Source material:

====

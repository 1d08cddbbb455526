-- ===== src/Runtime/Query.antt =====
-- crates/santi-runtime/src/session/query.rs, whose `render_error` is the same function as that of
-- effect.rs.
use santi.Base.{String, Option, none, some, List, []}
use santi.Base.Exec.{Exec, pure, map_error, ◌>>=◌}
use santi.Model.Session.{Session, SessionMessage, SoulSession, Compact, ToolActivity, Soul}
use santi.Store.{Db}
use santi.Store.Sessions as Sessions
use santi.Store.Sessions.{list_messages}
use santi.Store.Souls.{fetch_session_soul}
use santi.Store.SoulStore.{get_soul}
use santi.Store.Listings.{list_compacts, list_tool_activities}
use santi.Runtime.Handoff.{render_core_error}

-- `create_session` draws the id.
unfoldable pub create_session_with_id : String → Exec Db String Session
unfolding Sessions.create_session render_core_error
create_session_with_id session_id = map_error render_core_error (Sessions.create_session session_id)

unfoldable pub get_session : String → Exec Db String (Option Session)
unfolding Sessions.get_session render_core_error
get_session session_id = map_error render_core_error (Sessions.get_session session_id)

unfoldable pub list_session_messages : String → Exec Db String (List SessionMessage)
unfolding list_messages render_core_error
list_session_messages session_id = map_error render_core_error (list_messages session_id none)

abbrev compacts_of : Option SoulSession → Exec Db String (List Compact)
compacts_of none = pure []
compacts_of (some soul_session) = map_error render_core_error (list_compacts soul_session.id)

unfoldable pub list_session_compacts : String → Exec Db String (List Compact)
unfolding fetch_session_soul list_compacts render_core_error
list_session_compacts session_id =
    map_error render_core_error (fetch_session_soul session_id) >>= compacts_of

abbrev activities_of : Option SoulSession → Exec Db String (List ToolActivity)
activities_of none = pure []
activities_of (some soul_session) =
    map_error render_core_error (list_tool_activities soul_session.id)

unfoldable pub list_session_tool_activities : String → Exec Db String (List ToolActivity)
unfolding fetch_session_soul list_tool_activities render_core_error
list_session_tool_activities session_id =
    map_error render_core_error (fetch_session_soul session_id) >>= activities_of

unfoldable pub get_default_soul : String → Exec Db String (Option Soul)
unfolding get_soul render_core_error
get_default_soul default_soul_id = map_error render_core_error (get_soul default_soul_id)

====

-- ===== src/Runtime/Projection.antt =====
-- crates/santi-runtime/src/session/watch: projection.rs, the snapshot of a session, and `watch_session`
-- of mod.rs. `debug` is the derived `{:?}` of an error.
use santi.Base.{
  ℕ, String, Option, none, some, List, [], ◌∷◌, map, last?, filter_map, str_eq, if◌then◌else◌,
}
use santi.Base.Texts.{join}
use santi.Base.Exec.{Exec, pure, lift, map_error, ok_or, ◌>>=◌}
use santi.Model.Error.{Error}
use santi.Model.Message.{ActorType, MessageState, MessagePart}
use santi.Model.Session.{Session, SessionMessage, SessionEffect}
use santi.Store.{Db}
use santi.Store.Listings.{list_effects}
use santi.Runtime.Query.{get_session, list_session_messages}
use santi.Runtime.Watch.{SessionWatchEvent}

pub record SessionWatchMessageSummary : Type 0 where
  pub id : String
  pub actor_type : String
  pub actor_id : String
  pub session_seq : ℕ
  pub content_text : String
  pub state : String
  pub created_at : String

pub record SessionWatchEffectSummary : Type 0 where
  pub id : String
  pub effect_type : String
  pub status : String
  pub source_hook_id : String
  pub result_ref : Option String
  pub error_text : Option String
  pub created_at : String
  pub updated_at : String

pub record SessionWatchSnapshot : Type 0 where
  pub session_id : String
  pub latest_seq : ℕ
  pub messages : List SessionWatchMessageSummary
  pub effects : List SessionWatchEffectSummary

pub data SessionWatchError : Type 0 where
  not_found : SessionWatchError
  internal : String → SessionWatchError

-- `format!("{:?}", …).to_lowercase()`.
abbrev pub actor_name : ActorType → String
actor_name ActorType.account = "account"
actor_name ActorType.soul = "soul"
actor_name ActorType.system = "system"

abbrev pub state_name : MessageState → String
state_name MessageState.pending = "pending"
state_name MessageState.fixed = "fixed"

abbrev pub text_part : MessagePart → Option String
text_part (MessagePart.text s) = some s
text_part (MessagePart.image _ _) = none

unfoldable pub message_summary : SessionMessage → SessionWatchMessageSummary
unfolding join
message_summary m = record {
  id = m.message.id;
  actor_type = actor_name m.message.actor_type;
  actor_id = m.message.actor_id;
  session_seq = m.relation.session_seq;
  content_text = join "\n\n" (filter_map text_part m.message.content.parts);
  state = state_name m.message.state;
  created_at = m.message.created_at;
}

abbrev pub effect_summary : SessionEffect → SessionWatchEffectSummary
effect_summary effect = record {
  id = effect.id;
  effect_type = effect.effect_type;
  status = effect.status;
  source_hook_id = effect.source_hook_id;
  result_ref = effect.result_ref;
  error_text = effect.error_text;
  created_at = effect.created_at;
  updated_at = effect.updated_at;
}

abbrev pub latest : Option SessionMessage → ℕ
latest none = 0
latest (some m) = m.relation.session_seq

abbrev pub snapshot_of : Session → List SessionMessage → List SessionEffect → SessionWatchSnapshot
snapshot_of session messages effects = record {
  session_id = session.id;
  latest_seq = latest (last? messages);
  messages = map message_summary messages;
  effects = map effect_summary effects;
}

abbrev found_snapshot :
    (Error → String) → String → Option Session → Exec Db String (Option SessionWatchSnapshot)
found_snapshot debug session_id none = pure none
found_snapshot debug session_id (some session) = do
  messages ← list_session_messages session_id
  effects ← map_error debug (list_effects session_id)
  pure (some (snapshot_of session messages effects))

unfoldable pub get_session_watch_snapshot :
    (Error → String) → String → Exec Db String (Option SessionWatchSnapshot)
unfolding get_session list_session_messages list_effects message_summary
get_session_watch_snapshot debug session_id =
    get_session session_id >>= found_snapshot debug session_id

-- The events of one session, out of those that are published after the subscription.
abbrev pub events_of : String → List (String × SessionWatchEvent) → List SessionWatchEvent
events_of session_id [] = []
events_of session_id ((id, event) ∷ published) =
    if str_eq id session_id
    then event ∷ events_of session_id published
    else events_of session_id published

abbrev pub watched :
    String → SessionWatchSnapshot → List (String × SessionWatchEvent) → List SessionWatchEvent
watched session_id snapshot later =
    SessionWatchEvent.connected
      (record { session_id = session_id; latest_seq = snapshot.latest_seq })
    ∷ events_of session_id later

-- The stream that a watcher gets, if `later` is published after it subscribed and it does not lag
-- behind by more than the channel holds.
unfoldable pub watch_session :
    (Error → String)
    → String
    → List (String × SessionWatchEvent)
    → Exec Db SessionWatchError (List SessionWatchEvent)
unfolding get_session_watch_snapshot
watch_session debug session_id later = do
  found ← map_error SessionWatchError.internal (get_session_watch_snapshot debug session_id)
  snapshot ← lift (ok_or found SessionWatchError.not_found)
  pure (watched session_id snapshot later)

====

Work item:
Reproduce word for word the material above, beginning with the line that contains "-- The events" and ending with the line that contains "if str_eq id session_id".

Exercise output:
-- The events of one session, out of those that are published after the subscription.
abbrev pub events_of : String → List (String × SessionWatchEvent) → List SessionWatchEvent
events_of session_id [] = []
events_of session_id ((id, event) ∷ published) =
    if str_eq id session_id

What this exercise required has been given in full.